Content starts
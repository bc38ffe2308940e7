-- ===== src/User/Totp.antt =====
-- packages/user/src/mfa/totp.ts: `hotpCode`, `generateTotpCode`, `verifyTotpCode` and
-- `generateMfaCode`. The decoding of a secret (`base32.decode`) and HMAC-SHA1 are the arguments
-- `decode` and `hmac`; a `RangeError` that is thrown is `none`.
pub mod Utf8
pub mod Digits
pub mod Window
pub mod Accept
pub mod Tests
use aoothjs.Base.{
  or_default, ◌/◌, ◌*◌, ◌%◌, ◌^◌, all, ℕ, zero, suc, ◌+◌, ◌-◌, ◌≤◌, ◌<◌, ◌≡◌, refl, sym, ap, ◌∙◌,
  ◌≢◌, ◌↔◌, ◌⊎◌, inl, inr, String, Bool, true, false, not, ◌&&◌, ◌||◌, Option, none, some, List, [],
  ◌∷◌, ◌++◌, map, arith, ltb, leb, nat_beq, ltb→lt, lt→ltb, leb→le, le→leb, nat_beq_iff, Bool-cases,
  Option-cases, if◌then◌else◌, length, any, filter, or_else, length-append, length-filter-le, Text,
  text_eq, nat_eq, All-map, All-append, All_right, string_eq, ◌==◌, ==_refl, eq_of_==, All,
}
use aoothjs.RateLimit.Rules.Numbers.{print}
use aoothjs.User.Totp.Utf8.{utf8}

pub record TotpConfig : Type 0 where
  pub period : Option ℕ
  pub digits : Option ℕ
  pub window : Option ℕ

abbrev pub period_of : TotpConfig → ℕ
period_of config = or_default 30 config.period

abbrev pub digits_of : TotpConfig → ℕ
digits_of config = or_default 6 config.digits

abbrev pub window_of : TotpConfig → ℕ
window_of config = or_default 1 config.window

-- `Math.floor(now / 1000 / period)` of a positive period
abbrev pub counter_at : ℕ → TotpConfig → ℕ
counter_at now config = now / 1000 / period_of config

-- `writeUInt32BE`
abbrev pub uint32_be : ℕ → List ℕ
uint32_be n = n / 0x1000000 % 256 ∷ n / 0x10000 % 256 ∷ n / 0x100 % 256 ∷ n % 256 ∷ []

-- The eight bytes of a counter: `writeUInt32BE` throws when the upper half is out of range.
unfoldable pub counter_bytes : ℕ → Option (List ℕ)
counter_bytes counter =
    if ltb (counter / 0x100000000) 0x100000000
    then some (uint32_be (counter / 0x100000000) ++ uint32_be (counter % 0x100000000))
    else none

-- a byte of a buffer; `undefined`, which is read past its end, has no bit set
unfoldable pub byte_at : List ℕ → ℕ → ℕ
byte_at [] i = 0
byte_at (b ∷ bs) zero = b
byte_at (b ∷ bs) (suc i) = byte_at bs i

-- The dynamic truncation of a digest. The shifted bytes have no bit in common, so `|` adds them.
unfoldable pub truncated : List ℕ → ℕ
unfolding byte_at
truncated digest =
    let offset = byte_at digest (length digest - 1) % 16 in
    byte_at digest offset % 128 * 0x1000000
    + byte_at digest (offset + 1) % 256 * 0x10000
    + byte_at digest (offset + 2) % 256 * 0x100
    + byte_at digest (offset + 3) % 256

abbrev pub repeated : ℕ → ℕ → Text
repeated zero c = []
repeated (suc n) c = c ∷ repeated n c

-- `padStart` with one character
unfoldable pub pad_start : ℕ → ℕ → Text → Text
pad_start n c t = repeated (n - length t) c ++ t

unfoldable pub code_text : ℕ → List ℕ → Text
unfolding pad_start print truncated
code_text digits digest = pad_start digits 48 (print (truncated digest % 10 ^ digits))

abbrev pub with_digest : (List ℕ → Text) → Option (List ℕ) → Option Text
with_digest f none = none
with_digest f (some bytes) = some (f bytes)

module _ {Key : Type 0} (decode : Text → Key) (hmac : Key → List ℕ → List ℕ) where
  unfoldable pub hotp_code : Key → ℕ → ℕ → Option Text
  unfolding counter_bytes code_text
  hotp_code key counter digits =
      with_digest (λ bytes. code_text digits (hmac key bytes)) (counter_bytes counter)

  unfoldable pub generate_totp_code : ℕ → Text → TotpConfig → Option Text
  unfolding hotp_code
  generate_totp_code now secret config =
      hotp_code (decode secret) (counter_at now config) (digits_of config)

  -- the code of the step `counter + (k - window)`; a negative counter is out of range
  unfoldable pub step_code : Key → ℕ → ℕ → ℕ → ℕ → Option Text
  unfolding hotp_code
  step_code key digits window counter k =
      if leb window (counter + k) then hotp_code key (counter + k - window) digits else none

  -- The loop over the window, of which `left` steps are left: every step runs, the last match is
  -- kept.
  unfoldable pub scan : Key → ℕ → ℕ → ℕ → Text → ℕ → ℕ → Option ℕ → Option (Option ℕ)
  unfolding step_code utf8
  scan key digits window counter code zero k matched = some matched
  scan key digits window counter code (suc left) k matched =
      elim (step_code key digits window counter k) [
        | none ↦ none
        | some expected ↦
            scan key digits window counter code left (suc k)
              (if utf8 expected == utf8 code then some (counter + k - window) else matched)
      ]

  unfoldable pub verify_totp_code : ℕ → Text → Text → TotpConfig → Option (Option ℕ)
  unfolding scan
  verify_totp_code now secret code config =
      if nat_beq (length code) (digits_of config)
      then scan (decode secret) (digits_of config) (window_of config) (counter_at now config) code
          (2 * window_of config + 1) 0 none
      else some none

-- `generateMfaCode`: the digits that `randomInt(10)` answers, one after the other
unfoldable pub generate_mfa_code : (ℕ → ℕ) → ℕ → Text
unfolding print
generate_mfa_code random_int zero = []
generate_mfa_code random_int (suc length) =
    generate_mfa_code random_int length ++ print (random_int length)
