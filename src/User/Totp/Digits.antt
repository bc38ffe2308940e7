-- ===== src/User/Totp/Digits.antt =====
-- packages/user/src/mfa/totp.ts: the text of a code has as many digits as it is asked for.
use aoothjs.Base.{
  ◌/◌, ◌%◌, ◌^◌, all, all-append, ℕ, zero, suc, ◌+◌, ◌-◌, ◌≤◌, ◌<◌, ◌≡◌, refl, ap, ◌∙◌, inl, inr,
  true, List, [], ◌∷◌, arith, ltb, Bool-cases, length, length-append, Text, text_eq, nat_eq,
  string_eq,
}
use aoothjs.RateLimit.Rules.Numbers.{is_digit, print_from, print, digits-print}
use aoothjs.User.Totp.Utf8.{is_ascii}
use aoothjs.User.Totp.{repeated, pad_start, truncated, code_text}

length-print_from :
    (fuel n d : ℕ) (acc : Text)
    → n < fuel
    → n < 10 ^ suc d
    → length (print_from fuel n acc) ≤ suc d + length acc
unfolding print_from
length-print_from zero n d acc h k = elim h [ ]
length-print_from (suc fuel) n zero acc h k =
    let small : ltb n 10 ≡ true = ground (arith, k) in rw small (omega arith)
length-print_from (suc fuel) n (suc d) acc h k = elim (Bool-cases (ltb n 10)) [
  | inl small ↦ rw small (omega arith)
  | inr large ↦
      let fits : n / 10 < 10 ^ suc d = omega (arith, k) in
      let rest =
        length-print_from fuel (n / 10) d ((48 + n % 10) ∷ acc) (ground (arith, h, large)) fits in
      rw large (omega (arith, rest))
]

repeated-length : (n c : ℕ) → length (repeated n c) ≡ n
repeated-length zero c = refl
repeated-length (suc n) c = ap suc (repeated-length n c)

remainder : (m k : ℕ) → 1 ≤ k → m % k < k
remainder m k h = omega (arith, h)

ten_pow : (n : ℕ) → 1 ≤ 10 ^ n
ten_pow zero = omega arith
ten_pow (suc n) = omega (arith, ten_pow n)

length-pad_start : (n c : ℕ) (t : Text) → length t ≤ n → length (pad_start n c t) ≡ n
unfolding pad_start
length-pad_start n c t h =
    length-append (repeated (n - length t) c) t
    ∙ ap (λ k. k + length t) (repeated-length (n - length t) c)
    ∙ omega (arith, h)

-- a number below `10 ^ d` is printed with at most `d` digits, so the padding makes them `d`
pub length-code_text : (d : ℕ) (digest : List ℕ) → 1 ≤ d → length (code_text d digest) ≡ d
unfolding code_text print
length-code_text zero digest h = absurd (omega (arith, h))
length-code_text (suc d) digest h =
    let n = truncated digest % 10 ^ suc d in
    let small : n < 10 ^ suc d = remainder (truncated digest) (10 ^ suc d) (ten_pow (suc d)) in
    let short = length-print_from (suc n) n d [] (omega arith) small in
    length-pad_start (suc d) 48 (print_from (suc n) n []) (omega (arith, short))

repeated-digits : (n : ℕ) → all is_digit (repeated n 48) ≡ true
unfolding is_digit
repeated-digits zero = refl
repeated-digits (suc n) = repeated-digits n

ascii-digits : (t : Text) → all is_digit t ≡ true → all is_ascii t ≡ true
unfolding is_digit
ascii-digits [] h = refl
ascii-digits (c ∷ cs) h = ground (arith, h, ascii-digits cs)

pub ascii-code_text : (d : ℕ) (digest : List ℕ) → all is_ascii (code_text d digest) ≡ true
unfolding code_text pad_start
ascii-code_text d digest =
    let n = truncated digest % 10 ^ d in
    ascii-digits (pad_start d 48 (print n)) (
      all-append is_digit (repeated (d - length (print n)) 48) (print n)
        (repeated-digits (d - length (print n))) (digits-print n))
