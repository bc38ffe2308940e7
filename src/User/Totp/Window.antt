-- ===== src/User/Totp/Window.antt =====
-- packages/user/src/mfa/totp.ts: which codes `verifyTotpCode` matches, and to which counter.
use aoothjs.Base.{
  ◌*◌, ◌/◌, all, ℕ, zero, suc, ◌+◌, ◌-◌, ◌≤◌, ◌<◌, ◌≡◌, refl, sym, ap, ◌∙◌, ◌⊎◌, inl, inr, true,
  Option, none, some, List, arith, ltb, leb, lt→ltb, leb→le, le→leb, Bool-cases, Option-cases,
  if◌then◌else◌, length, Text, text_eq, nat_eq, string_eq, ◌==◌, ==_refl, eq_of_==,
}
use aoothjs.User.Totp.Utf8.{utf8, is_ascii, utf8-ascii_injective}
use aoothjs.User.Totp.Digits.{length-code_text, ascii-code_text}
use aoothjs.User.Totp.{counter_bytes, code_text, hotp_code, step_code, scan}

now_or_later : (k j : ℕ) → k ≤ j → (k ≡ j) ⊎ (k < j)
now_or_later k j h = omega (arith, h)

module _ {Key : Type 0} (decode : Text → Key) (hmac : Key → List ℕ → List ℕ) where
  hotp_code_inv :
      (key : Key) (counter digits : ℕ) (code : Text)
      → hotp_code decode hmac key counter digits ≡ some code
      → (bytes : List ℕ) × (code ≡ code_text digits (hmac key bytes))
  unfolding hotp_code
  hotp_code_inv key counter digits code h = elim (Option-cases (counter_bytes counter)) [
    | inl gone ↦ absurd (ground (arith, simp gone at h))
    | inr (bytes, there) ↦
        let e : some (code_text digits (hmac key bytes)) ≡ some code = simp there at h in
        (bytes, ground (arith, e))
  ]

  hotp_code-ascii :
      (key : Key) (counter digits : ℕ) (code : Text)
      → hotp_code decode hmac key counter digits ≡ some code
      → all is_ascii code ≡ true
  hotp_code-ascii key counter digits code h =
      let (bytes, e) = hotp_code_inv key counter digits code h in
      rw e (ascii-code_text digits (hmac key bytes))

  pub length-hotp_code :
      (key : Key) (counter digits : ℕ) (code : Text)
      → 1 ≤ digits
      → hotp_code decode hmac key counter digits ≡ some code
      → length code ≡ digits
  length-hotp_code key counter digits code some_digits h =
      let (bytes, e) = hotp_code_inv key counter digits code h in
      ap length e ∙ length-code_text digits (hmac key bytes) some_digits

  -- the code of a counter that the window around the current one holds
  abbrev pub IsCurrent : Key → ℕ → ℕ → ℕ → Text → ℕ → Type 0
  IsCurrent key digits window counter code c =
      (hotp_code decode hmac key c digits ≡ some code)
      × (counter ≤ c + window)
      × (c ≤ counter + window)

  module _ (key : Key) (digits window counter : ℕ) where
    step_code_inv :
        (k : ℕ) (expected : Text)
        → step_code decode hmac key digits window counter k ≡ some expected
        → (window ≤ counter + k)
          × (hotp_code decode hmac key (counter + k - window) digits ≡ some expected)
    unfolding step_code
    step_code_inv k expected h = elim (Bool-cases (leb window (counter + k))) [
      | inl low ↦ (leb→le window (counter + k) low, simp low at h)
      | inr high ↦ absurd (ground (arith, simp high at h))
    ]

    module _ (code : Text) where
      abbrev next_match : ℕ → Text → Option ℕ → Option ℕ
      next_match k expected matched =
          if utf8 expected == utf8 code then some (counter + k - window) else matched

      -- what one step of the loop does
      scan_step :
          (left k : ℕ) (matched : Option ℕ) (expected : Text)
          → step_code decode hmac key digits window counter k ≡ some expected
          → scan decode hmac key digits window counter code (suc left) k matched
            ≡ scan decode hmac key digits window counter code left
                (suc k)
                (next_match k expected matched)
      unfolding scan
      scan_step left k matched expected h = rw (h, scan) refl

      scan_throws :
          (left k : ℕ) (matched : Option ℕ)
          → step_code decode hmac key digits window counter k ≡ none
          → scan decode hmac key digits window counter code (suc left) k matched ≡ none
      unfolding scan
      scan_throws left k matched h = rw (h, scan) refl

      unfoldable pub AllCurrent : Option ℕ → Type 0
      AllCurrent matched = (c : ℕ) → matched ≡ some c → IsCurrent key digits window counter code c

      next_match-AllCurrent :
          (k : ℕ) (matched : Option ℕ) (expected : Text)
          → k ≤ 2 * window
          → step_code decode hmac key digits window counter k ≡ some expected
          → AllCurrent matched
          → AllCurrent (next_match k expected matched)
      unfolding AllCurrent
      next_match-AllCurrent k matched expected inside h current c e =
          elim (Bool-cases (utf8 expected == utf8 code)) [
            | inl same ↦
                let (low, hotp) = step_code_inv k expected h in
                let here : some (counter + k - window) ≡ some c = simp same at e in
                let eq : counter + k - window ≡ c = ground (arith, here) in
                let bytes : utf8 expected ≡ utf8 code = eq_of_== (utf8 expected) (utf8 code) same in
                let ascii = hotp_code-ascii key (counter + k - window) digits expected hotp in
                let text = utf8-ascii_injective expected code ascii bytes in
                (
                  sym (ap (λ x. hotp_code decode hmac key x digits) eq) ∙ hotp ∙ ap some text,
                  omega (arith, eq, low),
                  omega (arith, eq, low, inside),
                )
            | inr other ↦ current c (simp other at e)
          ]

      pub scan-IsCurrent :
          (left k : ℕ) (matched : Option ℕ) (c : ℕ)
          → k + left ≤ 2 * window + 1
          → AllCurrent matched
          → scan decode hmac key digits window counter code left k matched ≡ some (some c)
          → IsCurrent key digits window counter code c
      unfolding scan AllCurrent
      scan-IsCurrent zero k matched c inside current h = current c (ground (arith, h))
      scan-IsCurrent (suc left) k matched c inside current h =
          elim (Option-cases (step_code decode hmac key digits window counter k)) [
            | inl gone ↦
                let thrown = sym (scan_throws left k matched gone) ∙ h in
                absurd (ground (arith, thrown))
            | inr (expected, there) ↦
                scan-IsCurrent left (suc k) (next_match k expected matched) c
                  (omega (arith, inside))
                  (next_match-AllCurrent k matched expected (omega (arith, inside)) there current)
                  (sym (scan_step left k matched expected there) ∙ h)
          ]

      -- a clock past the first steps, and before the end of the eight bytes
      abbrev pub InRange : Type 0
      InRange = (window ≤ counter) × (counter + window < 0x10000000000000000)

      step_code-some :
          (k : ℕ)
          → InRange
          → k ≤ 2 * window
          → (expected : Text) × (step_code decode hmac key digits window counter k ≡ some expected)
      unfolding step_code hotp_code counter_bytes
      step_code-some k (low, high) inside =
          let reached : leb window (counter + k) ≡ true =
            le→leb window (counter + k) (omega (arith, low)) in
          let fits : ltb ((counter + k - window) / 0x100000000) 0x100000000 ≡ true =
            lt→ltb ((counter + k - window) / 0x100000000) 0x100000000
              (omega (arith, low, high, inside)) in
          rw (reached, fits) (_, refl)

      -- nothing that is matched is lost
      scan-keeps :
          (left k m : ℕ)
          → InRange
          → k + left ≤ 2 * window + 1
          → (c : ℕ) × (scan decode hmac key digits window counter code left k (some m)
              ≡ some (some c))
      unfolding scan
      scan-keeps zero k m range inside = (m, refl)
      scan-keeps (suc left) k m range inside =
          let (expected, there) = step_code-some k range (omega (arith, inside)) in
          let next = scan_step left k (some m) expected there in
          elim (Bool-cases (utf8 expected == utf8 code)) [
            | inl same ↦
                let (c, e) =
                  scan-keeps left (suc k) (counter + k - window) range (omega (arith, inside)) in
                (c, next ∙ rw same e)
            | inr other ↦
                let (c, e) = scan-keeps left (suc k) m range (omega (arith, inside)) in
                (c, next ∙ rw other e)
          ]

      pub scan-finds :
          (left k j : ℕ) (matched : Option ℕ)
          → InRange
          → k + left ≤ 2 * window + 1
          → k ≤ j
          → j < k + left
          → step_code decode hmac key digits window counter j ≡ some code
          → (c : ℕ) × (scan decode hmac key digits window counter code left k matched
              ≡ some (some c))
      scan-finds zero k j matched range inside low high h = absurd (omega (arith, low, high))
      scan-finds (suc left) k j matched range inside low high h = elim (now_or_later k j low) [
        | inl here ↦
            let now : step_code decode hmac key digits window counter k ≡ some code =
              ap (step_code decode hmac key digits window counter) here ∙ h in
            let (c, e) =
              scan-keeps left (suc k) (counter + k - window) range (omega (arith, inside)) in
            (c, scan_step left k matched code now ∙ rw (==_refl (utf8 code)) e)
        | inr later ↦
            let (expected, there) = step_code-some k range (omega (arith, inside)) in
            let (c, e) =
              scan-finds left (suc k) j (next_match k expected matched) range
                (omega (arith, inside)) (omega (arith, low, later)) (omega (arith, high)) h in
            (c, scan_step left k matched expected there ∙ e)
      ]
Content ends
* BRIEF *
Everything from the line containing "length-print_from (suc fuel) n zero" through the line containing "length-pad_start n c" in the material above should be retyped exactly, both ends included, and nothing more.

* COMPLETED TASK *
length-print_from (suc fuel) n zero acc h k =
    let small : ltb n 10 ≡ true = ground (arith, k) in rw small (omega arith)
length-print_from (suc fuel) n (suc d) acc h k = elim (Bool-cases (ltb n 10)) [
  | inl small ↦ rw small (omega arith)
  | inr large ↦
      let fits : n / 10 < 10 ^ suc d = omega (arith, k) in
      let rest =
        length-print_from fuel (n / 10) d ((48 + n % 10) ∷ acc) (ground (arith, h, large)) fits in
      rw large (omega (arith, rest))
]

repeated-length : (n c : ℕ) → length (repeated n c) ≡ n
repeated-length zero c = refl
repeated-length (suc n) c = ap suc (repeated-length n c)

remainder : (m k : ℕ) → 1 ≤ k → m % k < k
remainder m k h = omega (arith, h)

ten_pow : (n : ℕ) → 1 ≤ 10 ^ n
ten_pow zero = omega arith
ten_pow (suc n) = omega (arith, ten_pow n)

length-pad_start : (n c : ℕ) (t : Text) → length t ≤ n → length (pad_start n c t) ≡ n
unfolding pad_start
length-pad_start n c t h =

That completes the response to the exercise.